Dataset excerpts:
************

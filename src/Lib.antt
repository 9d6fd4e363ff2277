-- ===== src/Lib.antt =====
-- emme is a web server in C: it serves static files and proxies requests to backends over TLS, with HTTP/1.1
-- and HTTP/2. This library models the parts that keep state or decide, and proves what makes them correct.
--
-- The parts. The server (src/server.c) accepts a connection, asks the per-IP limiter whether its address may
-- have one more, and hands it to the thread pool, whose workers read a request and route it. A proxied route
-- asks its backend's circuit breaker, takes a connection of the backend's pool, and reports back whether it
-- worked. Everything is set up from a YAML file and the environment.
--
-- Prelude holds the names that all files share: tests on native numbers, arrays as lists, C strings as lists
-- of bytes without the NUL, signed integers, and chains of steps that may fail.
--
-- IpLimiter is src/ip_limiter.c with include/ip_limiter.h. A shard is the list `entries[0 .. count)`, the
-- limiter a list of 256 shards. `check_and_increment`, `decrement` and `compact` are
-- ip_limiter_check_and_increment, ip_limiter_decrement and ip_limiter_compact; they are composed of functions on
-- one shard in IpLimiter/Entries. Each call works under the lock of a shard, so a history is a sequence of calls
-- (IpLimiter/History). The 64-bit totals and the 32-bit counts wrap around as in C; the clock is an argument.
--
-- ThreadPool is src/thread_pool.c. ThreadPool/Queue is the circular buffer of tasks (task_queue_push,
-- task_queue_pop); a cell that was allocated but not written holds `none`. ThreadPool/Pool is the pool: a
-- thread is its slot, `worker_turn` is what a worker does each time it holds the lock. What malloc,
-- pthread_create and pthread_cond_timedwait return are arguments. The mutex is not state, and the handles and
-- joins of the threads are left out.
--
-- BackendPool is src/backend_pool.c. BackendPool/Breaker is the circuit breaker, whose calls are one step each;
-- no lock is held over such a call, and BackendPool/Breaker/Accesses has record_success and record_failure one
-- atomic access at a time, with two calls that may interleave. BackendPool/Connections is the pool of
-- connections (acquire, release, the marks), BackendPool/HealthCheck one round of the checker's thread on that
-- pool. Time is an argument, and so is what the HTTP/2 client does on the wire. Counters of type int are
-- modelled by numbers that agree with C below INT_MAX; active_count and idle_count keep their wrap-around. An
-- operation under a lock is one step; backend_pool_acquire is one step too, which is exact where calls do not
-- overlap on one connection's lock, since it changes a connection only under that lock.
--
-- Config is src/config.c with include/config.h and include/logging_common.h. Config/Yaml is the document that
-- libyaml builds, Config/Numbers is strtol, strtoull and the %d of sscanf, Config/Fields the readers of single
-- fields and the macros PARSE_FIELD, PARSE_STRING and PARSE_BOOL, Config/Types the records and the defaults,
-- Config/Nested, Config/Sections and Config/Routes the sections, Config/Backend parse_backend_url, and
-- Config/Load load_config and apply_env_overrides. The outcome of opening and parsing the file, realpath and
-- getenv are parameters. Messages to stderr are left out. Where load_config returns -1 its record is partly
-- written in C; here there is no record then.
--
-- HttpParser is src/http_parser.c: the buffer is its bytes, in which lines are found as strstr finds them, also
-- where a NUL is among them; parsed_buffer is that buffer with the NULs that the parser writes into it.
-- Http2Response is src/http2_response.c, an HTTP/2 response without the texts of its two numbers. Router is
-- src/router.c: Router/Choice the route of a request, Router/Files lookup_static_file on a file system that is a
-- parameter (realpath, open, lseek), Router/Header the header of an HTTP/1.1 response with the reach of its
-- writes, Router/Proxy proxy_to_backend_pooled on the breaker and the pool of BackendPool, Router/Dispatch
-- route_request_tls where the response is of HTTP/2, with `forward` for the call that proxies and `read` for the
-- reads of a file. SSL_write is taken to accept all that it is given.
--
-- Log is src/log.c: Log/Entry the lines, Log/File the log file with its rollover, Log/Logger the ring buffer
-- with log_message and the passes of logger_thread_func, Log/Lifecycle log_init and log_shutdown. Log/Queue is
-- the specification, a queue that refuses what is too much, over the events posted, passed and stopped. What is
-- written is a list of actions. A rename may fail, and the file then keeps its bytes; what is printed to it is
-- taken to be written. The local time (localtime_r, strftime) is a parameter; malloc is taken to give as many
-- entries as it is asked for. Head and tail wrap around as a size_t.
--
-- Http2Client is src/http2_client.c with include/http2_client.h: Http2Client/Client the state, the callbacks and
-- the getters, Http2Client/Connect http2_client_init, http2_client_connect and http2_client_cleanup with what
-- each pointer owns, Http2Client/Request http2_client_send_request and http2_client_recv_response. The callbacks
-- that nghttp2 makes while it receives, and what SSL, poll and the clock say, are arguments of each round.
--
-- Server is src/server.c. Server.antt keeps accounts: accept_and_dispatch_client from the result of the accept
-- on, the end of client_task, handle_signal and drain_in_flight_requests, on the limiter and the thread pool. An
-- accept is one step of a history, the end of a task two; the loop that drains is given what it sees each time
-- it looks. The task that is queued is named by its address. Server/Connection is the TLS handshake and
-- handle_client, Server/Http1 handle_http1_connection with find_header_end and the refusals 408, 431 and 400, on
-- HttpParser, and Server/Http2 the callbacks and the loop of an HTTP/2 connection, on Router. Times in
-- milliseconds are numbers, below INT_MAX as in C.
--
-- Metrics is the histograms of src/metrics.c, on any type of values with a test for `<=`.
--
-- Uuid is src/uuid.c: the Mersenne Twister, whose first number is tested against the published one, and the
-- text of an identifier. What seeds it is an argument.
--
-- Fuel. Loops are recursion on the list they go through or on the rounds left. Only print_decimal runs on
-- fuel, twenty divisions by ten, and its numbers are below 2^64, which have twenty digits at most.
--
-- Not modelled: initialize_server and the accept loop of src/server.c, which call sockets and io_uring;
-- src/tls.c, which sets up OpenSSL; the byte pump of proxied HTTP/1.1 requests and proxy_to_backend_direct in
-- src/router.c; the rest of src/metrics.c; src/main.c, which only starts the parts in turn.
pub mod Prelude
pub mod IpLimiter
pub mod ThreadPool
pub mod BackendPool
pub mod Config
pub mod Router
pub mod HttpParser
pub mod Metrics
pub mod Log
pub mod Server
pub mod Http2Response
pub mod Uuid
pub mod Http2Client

************

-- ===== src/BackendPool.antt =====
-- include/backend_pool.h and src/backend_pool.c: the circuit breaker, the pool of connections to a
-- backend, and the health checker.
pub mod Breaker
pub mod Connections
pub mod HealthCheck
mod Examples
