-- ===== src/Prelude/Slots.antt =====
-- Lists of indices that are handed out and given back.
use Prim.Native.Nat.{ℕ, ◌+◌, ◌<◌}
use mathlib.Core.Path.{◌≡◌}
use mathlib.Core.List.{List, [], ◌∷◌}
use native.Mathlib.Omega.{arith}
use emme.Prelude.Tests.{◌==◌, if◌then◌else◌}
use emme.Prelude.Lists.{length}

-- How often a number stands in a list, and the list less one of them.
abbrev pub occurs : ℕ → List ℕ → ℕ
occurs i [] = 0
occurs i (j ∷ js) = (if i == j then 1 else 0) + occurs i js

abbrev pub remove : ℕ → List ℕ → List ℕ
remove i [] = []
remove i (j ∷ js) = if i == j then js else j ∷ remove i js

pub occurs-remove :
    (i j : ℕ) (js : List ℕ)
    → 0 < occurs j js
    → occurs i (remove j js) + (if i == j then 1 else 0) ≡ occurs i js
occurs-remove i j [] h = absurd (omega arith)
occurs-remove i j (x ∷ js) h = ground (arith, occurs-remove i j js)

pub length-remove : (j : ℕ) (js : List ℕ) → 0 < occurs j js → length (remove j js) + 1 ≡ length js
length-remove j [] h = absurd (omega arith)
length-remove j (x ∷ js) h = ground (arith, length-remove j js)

************

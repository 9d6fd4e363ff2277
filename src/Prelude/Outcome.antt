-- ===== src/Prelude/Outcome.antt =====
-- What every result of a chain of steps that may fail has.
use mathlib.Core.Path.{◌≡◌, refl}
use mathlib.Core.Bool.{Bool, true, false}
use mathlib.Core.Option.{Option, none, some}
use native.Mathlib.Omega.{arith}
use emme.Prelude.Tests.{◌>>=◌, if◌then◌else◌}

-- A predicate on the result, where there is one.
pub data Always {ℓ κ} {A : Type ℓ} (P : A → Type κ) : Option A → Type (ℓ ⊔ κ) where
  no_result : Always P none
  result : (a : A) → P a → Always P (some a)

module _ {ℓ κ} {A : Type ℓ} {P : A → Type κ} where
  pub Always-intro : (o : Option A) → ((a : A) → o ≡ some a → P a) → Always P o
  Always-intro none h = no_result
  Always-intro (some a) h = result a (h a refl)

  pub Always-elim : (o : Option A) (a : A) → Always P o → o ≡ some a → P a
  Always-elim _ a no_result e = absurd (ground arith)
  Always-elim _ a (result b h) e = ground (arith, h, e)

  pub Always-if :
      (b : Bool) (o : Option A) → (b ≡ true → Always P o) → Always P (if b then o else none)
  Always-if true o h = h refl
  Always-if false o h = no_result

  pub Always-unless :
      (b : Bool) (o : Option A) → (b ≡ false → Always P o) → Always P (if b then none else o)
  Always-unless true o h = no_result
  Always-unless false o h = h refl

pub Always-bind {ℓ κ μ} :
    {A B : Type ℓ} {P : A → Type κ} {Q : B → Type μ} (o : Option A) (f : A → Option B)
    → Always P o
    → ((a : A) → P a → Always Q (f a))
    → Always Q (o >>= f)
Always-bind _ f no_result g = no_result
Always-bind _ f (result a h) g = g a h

************

What you will do:
Go through the data and show each line that holds "elim".

Response:
  pub Always-elim : (o : Option A) (a : A) → Always P o → o ≡ some a → P a
  Always-elim _ a no_result e = absurd (ground arith)
  Always-elim _ a (result b h) e = ground (arith, h, e)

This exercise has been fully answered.